I haven't found a solution for this, so I am going to go ahead and delete the ledgers mentioned in the error messages from the Bookies manually. If anyone knows a more correct solution please let me know

Thomas MacKenzie

02/06/2025, 5:39 PM

I'm looking at region / zone awareness, is there any other way to set the placement policies than using the

pulsar-admin

client? I've been looking in the configuration in the helm chart and directly in the broker and bookkeeper instances confs but did not find anything. Thanks https://pulsar.apache.org/docs/4.0.x/administration-isolation-bookie/

Sreenath Sasidharan

02/06/2025, 8:43 PM

Hello, I am trying to set a service account name(

serviceAccountName

) allowing access to our s3 buckets to pulsar functions worker in Kubernetes. Based on what I read from the documentation: https://pulsar.apache.org/docs/4.0.x/functions-runtime-kubernetes/ and source code, I dont see a way to do it for python via

customRuntimeOptions

. Is that correct or have I missed something?

Soumya Ghosh

02/11/2025, 9:33 AM

Hello, I am getting an error in initializing cluster metadata. Setup - 3 ZK, 5 bookies, 3 broker, 1 proxy node.

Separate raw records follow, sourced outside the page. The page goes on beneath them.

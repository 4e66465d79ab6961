-- ===== src/Tests/Runs.antt =====
-- Witnesses of the theorems on the runs of a protocol.
use hypercore_protocol_rs.Prelude.{
  none, get_elem?, io, permission_denied, ◌≤◌, ◌<◌, ◌^◌, ◌≡◌, refl, ◌⊎◌, Option, true, false, some,
  [], ◌∷◌, ◌++◌, replicate, Error, unwrap, lookup, upsert, set_checked, bytes_eq, ok, err, arith,
}
use hypercore_protocol_rs.Wire.{Bytes}
use hypercore_protocol_rs.ChannelMessage.{ChannelMessage, new as new_message}
use hypercore_protocol_rs.Message.{open_msg}
use hypercore_protocol_rs.Crypto
use hypercore_protocol_rs.MessageIo.{MessageIo}
use hypercore_protocol_rs.MessageIo
use hypercore_protocol_rs.Channels.Map
use hypercore_protocol_rs.Channels.Map.{ChannelMap}
use hypercore_protocol_rs.Channels.Map.Keeps.{remove-IsMap}
use hypercore_protocol_rs.Channels.Map.Invariant.{IsMap}
use hypercore_protocol_rs.Protocol.State.{
  Protocol, Event, open_channel, new, enqueue, with_channels,
}
use hypercore_protocol_rs.Protocol.Step.{
  poll_next, on_command, on_inbound_message, command_open, known_id, capability, handshake_result,
}
use hypercore_protocol_rs.Protocol.Halting.{MacTotal, Established, HashFits}
use hypercore_protocol_rs.Protocol.Handshake.{
  Trace, ends, polls, handshakes, returned, poll_next-one_handshake,
}
use hypercore_protocol_rs.Protocol.Reach.{
  command, inbound, run, calls, Reaches, here, next, Reaches-IsMap, Reaches-completes,
}
use hypercore_protocol_rs.Protocol.Exchange.Ends.{CanOpen}
use hypercore_protocol_rs.Protocol.Exchange.{command_open-on_open, command_open-before_handshake}
use hypercore_protocol_rs.Crypto.Verify.{Proves}
use hypercore_protocol_rs.Channels.Handle.{Channel}
use hypercore_protocol_rs.Crypto.{HandshakeResult}
use hypercore_protocol_rs.Tests.Codecs.{crates}
use hypercore_protocol_rs.Tests.Host.{host, TestStream}

abbrev fresh_stream : TestStream
fresh_stream = record {
  is_initiator = false;
  local_key = 1 ∷ [];
  remote_key = some (2 ∷ []);
  hash = some (9 ∷ []);
  incoming = [];
  outgoing = [];
}

abbrev fresh : Protocol host
fresh = new {p = host} fresh_stream []

-- A poll with nothing to do returns the handshake, the next one the event of the command.
abbrev polled : Protocol host
polled = (poll_next host 3 fresh).1

abbrev run_trace : Trace host fresh (returned (poll_next host 3 fresh).0 ++ []) polled
run_trace = polls 3 fresh polled [] (ends polled)

poll_next-one_handshake_example : handshakes (returned (poll_next host 3 fresh).0 ++ []) ≤ 1
poll_next-one_handshake_example =
    poll_next-one_handshake host fresh_stream [] polled (returned (poll_next host 3 fresh).0 ++ [])
      run_trace

mac : MacTotal host
mac key data' le = (data' ++ key, refl)

fits : HashFits host fresh_stream
fits hash e =
    let known : ◌≡◌ {A = Option Bytes} (some (9 ∷ [])) (some hash) = e in
    let same : ◌≡◌ {A = Bytes} (9 ∷ []) hash = cc in rw (← same) (omega arith)

-- The key of a channel, and the message of the remote that opens it.
abbrev channel_key : Bytes
channel_key = replicate 23 5

abbrev remote_open : ChannelMessage crates
remote_open = new_message crates 3 (
    open_msg (record {
      channel = 3;
      protocol = Crypto.protocol_name;
      discovery_key = Crypto.discovery_ns_buf ++ channel_key;
      capability = some ((Crypto.replicate_responder ++ channel_key) ++ (9 ∷ []));
    }))

-- The state after a command has opened the channel on this side.
abbrev opened : Protocol host
opened = (run host (command (open_channel channel_key)) fresh).1

opened-Reaches : Reaches host fresh opened
opened-Reaches = next (calls (command (open_channel channel_key)) fresh (omega arith)) (here opened)

Reaches-IsMap_example : IsMap host (Established host opened.io.stream) opened.channels
Reaches-IsMap_example = Reaches-IsMap host mac fresh_stream [] opened fits opened-Reaches

opened-Established : Established host opened.io.stream
unfolding on_command command_open Map.attach_local Crypto.discovery_key unwrap with_channels lookup
    upsert Map.alloc_local known_id enqueue MessageIo.enqueue capability handshake_result
    Crypto.capability Crypto.replicate_capability set_checked new Map.empty bytes_eq
opened-Established = (2 ∷ [], 9 ∷ [], refl, refl)

Reaches-completes_example :
    ((run host (inbound remote_open) opened).0 ≡ ok tt)
    ⊎ ((e : Error) × ((run host (inbound remote_open) opened).0 ≡ err e))
Reaches-completes_example =
    Reaches-completes host mac fresh_stream [] opened (inbound remote_open) fits opened-Reaches
      (opened-Established, omega arith)

-- The other end of the handshake.
abbrev other_stream : TestStream
other_stream = record {
  is_initiator = true;
  local_key = 2 ∷ [];
  remote_key = some (1 ∷ []);
  hash = some (9 ∷ []);
  incoming = [];
  outgoing = [];
}

abbrev other_end : Protocol host
other_end = new {p = host} other_stream []

abbrev fresh_result : HandshakeResult
fresh_result = Crypto.from_pre_encrypted false (1 ∷ []) (2 ∷ []) (9 ∷ [])

abbrev other_result : HandshakeResult
other_result = Crypto.from_pre_encrypted true (2 ∷ []) (1 ∷ []) (9 ∷ [])

abbrev channel_discovery : Bytes
channel_discovery = Crypto.discovery_ns_buf ++ channel_key

derives : Crypto.discovery_key host channel_key ≡ ok channel_discovery
unfolding Crypto.discovery_key unwrap
derives = refl

fresh-CanOpen : CanOpen host channel_key channel_discovery fresh_result fresh
unfolding new Map.empty lookup handshake_result Crypto.capability Crypto.replicate_capability unwrap
fresh-CanOpen = record {
  zeroth = refl;
  fresh = refl;
  established = refl;
  capability_bytes = (Crypto.replicate_responder ++ channel_key) ++ (9 ∷ []);
  shows = refl;
}

other-CanOpen : CanOpen host channel_key channel_discovery other_result other_end
unfolding new Map.empty lookup handshake_result Crypto.capability Crypto.replicate_capability unwrap
other-CanOpen = record {
  zeroth = refl;
  fresh = refl;
  established = refl;
  capability_bytes = (Crypto.replicate_initiator ++ channel_key) ++ (9 ∷ []);
  shows = refl;
}

small_id : (Map.alloc_local host fresh.channels.local_id).0 < 2 ^ 57
unfolding new Map.empty Map.alloc_local
small_id = omega arith

command_open-on_open_example :
    (a1 b1 b2 : Protocol host) × (m : ChannelMessage crates) × (c : Channel) × (command_open host
        channel_key fresh
      ≡ (ok tt, a1))
    × (a1.io.write_queue ≡ fresh.io.write_queue ++ (m ∷ []))
    × (command_open host channel_key other_end ≡ (ok tt, b1))
    × (on_inbound_message host m b1 ≡ (ok tt, b2))
    × (b2.queued_events ≡ b1.queued_events ++ (Event.channel c ∷ []))
    × (c.key ≡ channel_key)
    × (c.discovery_key ≡ channel_discovery)
command_open-on_open_example =
    command_open-on_open host channel_key channel_discovery other_result fresh_result fresh
      other_end derives refl fresh-CanOpen other-CanOpen refl refl small_id

remove-IsMap_example :
    (m' : ChannelMap host) × (Map.remove host channel_discovery opened.channels ≡ ok m')
    × IsMap host (Established host opened.io.stream) m'
remove-IsMap_example =
    remove-IsMap host (Established host opened.io.stream) channel_discovery opened.channels
      (Reaches-IsMap host mac fresh_stream [] opened fits opened-Reaches)

-- An end that knows nothing of the other yet.
abbrev early_stream : TestStream
early_stream = record {
  is_initiator = true;
  local_key = 2 ∷ [];
  remote_key = none;
  hash = none;
  incoming = [];
  outgoing = [];
}

abbrev early_end : Protocol host
early_end = new {p = host} early_stream []

early_zeroth : get_elem? early_end.channels.local_id 0 ≡ some none
unfolding new Map.empty
early_zeroth = refl

early_fresh : lookup (host.hex_encode channel_discovery) early_end.channels.channels ≡ none
unfolding new Map.empty lookup
early_fresh = refl

early_unknown : handshake_result host early_end ≡ none
unfolding handshake_result new
early_unknown = refl

early_id : (Map.alloc_local host early_end.channels.local_id).0 < 2 ^ 57
unfolding new Map.empty Map.alloc_local
early_id = omega arith

abbrev expected : Bytes
expected = (Crypto.replicate_initiator ++ channel_key) ++ (9 ∷ [])

expected-Proves : Proves host fresh_result channel_key expected
unfolding Crypto.replicate_capability unwrap
expected-Proves = refl

command_open-before_handshake_example :
    (a1 b1 b2 : Protocol host) × (m : ChannelMessage crates) × (command_open host channel_key
        early_end
      ≡ (ok tt, a1))
    × (a1.io.write_queue ≡ early_end.io.write_queue ++ (m ∷ []))
    × (command_open host channel_key fresh ≡ (ok tt, b1))
    × (on_inbound_message host m b1 ≡ (err (io permission_denied), b2))
    × (b2.queued_events ≡ b1.queued_events)
command_open-before_handshake_example =
    command_open-before_handshake host channel_key channel_discovery fresh_result early_end fresh
      expected derives refl early_zeroth early_fresh early_unknown fresh-CanOpen expected-Proves
      early_id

Command

bin/pulsar initialize-cluster-metadata --cluster <cluster_name> --metadata-store zk:zk_1,zk_2,zk_3:2181 --configuration-metadata-store zk:zk_1,zk_2,zk_3:2181             --web-service-url http://<broker_r53>:8080  --broker-service-url pulsar://<broker_r53>:6650

Output :

Killed

Are there any flags to get verbose error?